To do: In the data below, find the line that contains "pub record Renewal : Type 0 where" and the line that contains "abbrev pub state_for". Copy both, plus every line between them, exactly.

Data extract:
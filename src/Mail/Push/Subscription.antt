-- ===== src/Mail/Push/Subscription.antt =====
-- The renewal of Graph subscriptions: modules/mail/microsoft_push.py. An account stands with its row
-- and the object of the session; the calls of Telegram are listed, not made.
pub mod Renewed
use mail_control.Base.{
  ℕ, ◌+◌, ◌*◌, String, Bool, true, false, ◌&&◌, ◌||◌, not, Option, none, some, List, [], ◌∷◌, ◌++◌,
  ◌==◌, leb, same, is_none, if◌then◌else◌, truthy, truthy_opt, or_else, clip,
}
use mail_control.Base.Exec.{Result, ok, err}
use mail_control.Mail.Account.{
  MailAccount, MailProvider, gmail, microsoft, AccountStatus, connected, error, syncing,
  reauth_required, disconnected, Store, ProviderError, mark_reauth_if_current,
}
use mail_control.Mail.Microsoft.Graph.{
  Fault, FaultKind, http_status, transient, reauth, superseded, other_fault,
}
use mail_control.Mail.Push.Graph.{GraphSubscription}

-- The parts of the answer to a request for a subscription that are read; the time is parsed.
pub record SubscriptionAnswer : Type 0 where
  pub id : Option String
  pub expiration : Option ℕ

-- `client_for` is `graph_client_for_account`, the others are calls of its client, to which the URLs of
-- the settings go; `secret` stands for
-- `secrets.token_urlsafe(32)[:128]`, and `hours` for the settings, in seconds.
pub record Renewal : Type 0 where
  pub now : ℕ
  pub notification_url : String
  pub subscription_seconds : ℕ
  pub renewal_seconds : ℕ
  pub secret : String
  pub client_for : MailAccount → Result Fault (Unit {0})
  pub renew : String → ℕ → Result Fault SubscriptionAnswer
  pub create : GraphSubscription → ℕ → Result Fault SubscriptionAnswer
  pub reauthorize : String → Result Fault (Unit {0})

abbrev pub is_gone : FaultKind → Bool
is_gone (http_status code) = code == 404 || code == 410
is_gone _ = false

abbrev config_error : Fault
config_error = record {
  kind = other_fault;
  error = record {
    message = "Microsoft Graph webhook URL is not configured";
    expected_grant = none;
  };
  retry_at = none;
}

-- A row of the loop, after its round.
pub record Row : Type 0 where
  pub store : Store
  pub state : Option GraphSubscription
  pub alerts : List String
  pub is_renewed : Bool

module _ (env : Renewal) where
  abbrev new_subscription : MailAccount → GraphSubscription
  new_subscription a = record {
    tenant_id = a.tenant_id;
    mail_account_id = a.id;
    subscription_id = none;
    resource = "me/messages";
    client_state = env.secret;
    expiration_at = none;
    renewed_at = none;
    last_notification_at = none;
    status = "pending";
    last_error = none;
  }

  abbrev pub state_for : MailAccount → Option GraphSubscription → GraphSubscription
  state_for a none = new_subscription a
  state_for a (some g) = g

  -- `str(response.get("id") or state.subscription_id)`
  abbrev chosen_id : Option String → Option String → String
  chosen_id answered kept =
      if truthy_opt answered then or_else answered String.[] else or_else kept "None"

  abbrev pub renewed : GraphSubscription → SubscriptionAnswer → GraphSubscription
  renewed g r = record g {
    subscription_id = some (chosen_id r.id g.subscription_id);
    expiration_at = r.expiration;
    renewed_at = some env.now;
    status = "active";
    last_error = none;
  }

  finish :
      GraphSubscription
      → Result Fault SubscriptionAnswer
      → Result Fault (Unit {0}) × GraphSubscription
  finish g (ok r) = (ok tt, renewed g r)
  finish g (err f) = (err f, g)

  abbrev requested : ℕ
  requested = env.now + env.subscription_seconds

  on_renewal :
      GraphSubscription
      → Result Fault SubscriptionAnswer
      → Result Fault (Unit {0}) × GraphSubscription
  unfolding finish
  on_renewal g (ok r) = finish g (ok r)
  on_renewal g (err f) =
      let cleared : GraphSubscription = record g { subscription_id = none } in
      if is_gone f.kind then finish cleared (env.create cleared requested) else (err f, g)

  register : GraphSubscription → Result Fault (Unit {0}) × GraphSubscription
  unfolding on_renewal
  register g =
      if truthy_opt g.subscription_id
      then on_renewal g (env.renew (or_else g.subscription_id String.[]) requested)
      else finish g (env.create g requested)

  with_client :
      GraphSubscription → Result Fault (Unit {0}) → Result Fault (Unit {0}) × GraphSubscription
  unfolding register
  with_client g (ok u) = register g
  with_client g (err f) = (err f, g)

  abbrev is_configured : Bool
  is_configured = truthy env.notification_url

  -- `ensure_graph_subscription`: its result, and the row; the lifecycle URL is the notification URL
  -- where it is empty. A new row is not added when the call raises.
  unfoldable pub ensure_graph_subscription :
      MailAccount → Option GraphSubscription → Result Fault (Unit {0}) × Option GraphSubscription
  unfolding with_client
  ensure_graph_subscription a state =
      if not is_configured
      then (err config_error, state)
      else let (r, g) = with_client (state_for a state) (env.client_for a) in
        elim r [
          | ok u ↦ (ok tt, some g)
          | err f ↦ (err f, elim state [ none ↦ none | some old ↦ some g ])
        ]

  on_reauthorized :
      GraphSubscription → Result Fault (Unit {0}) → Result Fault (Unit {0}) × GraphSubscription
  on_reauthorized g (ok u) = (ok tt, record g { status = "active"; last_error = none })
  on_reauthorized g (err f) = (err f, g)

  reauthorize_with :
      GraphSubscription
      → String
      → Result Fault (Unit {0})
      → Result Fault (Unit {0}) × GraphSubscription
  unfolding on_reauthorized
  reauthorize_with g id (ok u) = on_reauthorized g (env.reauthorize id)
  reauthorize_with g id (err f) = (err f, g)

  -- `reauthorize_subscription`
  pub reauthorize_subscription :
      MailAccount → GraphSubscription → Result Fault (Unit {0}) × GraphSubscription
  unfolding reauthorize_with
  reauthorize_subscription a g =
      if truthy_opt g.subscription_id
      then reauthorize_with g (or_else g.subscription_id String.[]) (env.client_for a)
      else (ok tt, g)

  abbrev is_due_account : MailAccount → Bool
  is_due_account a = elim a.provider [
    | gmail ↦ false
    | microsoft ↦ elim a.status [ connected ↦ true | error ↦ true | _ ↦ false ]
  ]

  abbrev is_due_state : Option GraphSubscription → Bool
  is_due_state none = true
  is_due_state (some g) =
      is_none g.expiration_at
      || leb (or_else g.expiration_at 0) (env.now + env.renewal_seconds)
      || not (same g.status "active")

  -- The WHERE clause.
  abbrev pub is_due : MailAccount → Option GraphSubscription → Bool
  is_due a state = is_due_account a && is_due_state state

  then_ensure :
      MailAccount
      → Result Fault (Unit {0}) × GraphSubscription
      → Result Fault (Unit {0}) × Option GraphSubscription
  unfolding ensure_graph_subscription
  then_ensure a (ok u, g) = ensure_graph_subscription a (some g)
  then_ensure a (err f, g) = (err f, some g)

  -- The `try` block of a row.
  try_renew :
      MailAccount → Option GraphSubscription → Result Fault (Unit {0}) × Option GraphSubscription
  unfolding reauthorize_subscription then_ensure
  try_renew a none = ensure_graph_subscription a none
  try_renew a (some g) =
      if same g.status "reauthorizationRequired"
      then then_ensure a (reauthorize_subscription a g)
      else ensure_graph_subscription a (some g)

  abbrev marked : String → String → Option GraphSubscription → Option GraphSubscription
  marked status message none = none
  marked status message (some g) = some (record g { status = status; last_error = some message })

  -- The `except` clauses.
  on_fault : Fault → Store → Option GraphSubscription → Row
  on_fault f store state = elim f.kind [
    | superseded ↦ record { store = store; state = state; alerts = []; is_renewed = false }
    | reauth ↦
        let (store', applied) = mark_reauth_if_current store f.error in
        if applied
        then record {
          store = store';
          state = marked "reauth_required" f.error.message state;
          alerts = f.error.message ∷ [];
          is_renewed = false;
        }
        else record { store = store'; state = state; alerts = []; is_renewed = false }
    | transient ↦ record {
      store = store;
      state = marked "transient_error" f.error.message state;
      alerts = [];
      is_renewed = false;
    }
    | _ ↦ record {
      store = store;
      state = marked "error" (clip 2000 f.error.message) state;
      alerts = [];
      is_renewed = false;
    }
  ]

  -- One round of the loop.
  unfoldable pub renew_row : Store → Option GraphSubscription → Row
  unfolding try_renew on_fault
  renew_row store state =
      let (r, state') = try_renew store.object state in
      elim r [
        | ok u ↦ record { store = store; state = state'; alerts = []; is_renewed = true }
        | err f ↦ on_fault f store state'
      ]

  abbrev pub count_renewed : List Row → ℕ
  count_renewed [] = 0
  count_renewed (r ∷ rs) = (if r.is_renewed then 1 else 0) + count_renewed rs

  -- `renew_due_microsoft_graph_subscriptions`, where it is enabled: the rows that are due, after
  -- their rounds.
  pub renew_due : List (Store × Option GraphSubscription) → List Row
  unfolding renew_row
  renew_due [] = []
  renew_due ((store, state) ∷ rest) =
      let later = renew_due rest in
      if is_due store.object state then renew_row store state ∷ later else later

Task result:
pub record Renewal : Type 0 where
  pub now : ℕ
  pub notification_url : String
  pub subscription_seconds : ℕ
  pub renewal_seconds : ℕ
  pub secret : String
  pub client_for : MailAccount → Result Fault (Unit {0})
  pub renew : String → ℕ → Result Fault SubscriptionAnswer
  pub create : GraphSubscription → ℕ → Result Fault SubscriptionAnswer
  pub reauthorize : String → Result Fault (Unit {0})

abbrev pub is_gone : FaultKind → Bool
is_gone (http_status code) = code == 404 || code == 410
is_gone _ = false

abbrev config_error : Fault
config_error = record {
  kind = other_fault;
  error = record {
    message = "Microsoft Graph webhook URL is not configured";
    expected_grant = none;
  };
  retry_at = none;
}

-- A row of the loop, after its round.
pub record Row : Type 0 where
  pub store : Store
  pub state : Option GraphSubscription
  pub alerts : List String
  pub is_renewed : Bool

module _ (env : Renewal) where
  abbrev new_subscription : MailAccount → GraphSubscription
  new_subscription a = record {
    tenant_id = a.tenant_id;
    mail_account_id = a.id;
    subscription_id = none;
    resource = "me/messages";
    client_state = env.secret;
    expiration_at = none;
    renewed_at = none;
    last_notification_at = none;
    status = "pending";
    last_error = none;
  }

  abbrev pub state_for : MailAccount → Option GraphSubscription → GraphSubscription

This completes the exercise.